Although dualism and nondualism describe two different experiences of
the world, it is not simply a recapitulation of the materialist-idealist
divide (which is simply another dualism). As David Loy remarks:

none
of these three [Buddhism, Taoism, Vedānta] denies the dualistic
‘relative’ world that we are familiar with and presuppose as ‘common
sense’: the world as a collection of discrete objects, interacting
causally in space and time. Their claim is rather than there is another,
nondual way of experiencing the world, and that this other mode of
experience is actually more veridical and superior to the dualistic mode
we usually take for granted. The difference between such nondualistic
approaches and the contemporary Western one (which, given its global
influence, can hardly be labelled Western any more) is that the latter
has constructed its metaphysics on the basis of dualistic experience
only, whereas the former acknowledges the deep significance of nondual
experience by constructing its metaphysical categories according to what
it reveals.

What
is proposed, therefore, is to begin to understand certain forms of
alchemy as an expression of a nondual experience of (and engagement
with) the world, not only with regard to the dualities of spirit and
matter, but also their corollaries: subjective experience and objective
experiment. As Prussian poet and Kulturphilosoph Jean Gebser
observes with regard to the structures of consciousness that underpin
entire modalities of civilisation, nondualistic or aperspectival
epistemologies do not exclude but integrate more perspectivally-bound epistemologies within a diaphanous whole. [ What
this means is that apparent dualities are not ultimate; rather, they
are relative expressions of a deeper reality that is ultimately free
from the limitations of dualism and opposition. It means that one can
see all things in the ‘ultimate’ reality, and reciprocally, the
‘ultimate’ reality in all things. It is to see, with Blake, ‘a World in a
Grain of Sand’ and ‘Eternity in an hour’.  According
to this view, one eventually fails to distinguish between the ultimate
and the relative in a rigidly dualistic way, abandoning the attribution
of any inherent ontological primacy to one or the other. Because there
is no longer any essential contradiction or opposition
perceived to exist between them, so-called ‘material’ and ‘spiritual’

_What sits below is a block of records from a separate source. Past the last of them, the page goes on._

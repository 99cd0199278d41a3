-- ===== src/Protocol/Hex/RoundTrip.antt =====
-- Decoding undoes encoding, and what decodes is the text of its bytes in some letter case.
use Prim.Native.Nat.{bit_and}
use vdma.Prelude.{
  ℕ, ◌+◌, ◌*◌, ◌/◌, ◌%◌, ◌<◌, ◌≡◌, refl, ◌∙◌, subst, sym, List, [], ◌∷◌, some, none, Bool, true,
  false, ◌&&◌, arith, ltb, leb, ◌==◌, if◌then◌else◌, length, map, inl, inr, Option-cases,
}
use vdma.Prelude.Bytes.{all_below, all_below_sound}
use vdma.Errors.{Result-cases, ok}
use vdma.Protocol.Hex.{from_digit, unwrap_or, encode_hex, to_digit, join, decode_pairs, decode_hex}

abbrev pub AllBytes : List ℕ → Type 0
AllBytes [] = Unit {0}
AllBytes (b ∷ bs) = (b < 256) × AllBytes bs

abbrev pub high : ℕ → ℕ
high byte = unwrap_or (from_digit (byte / 16)) b'0'

abbrev pub low : ℕ → ℕ
low byte = unwrap_or (from_digit (bit_and byte 15)) b'0'

-- The digits of a byte give it back.
abbrev joined : ℕ → Bool
joined byte = elim (to_digit (high byte)) [
  | none ↦ false
  | some h ↦ elim (to_digit (low byte)) [ none ↦ false | some l ↦ join h l == byte ]
]

joined_table : all_below 256 joined ≡ true
unfolding all_below to_digit from_digit
joined_table = refl

decode_pairs-encode_hex :
    (bytes : List ℕ) → AllBytes bytes → decode_pairs (encode_hex bytes) ≡ ok bytes
unfolding encode_hex decode_pairs
decode_pairs-encode_hex [] h = refl
decode_pairs-encode_hex (byte ∷ bytes) h =
    ground
      (arith, all_below_sound 256 joined byte joined_table h.0, decode_pairs-encode_hex bytes h.1)

length-encode_hex : (bytes : List ℕ) → length (encode_hex bytes) ≡ 2 * length bytes
unfolding encode_hex
length-encode_hex [] = refl
length-encode_hex (byte ∷ bytes) = omega (arith, length-encode_hex bytes)

-- Every list of numbers below 256 survives the round trip through its text.
pub decode_hex-encode_hex :
    (bytes : List ℕ) → AllBytes bytes → decode_hex (encode_hex bytes) ≡ ok bytes
unfolding decode_hex
decode_hex-encode_hex bytes h =
    ground (arith, length-encode_hex bytes, decode_pairs-encode_hex bytes h)

-- A letter in lower case, anything else as it is.
abbrev pub lower : ℕ → ℕ
lower c = if leb b'A' c && leb c b'Z' then c + 32 else c

abbrev splits : ℕ → ℕ → Bool
splits h l = (join h l / 16 == h) && (bit_and (join h l) 15 == l) && ltb (join h l) 256

splits_table : all_below 16 (λ h. all_below 16 (splits h)) ≡ true
unfolding all_below
splits_table = refl

splits_all : (h l : ℕ) → h < 16 → l < 16 → splits h l ≡ true
splits_all h l p q =
    all_below_sound 16 (splits h) l
      (all_below_sound 16 (λ k. all_below 16 (splits k)) h splits_table p) q

join_fields :
    (h l : ℕ)
    → h < 16
    → l < 16
    → (join h l / 16 ≡ h) × (bit_and (join h l) 15 ≡ l) × (join h l < 256)
join_fields h l p q = ground (arith, splits_all h l p q)

to_digit-from_digit :
    (c d : ℕ) → to_digit c ≡ some d → (d < 16) × (unwrap_or (from_digit d) b'0' ≡ lower c)
unfolding to_digit from_digit
to_digit-from_digit c d h = ground arith

-- What a pair of digits decodes to.
decode_pairs-cons :
    (c d : ℕ) (text bytes : List ℕ)
    → decode_pairs (c ∷ d ∷ text) ≡ ok bytes
    → (h : ℕ) × (l : ℕ) × (rest : List ℕ) × (to_digit c ≡ some h)
      × (to_digit d ≡ some l)
      × (decode_pairs text ≡ ok rest)
      × (bytes ≡ join h l ∷ rest)
unfolding decode_pairs
decode_pairs-cons c d text bytes e = elim (Option-cases (to_digit c)) [
  | inl p ↦ absurd (ground arith)
  | inr (h, p) ↦ elim (Option-cases (to_digit d)) [
    | inl q ↦ absurd (ground arith)
    | inr (l, q) ↦ elim (Result-cases (decode_pairs text)) [
      | inr (f, r) ↦ absurd (ground arith)
      | inl (rest, r) ↦ (h, l, rest, p, q, r, ground arith)
    ]
  ]
]

encode_hex-cons :
    (byte h l : ℕ) (rest : List ℕ)
    → byte / 16 ≡ h
    → bit_and byte 15 ≡ l
    → encode_hex (byte ∷ rest)
      ≡ unwrap_or (from_digit h) b'0' ∷ unwrap_or (from_digit l) b'0' ∷ encode_hex rest
unfolding encode_hex
encode_hex-cons byte h l rest p q = rw (p, q) refl

decode_pairs_text :
    (text bytes : List ℕ)
    → length text % 2 ≡ 0
    → decode_pairs text ≡ ok bytes
    → AllBytes bytes × (encode_hex bytes ≡ map lower text)
unfolding decode_pairs encode_hex
decode_pairs_text [] bytes even e = ground arith
decode_pairs_text (c ∷ []) bytes even e = absurd (omega arith)
decode_pairs_text (c ∷ d ∷ text) bytes even e =
    let (h, l, rest, p, q, r, s) = decode_pairs-cons c d text bytes e in
    let (valid, same) = decode_pairs_text text rest (omega arith) r in
    let (h_lt, h_c) = to_digit-from_digit c h p in
    let (l_lt, l_d) = to_digit-from_digit d l q in
    let (top, bottom, byte) = join_fields h l h_lt l_lt in
    subst (λ bs. AllBytes bs × (encode_hex bs ≡ map lower (c ∷ d ∷ text))) (sym s)
      ((byte, valid), encode_hex-cons (join h l) h l rest top bottom ∙ cc (h_c, l_d, same))

-- A text that decodes is an even number of hexadecimal digits, the lower-case form of which is the
-- text of what it decodes to, and it decodes to bytes.
pub decode_hex_text :
    (text bytes : List ℕ)
    → decode_hex text ≡ ok bytes
    → AllBytes bytes × (encode_hex bytes ≡ map lower text)
unfolding decode_hex
decode_hex_text text bytes e = decode_pairs_text text bytes (ground arith) (ground arith)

realities become co-present, interdependent expressions of a deeper,
‘existentiating’ field of being. What
is more, according to the ancient epistemology ‘like knows like’, the
nondual, aperspectival or integral nature of reality, in both its
relative and ultimate expressions, can only be known by the nondual,
aperspectival or integralconsciousness. It is in this sense that alchemy, in its more profound sense, necessitates a metaphysics of perception.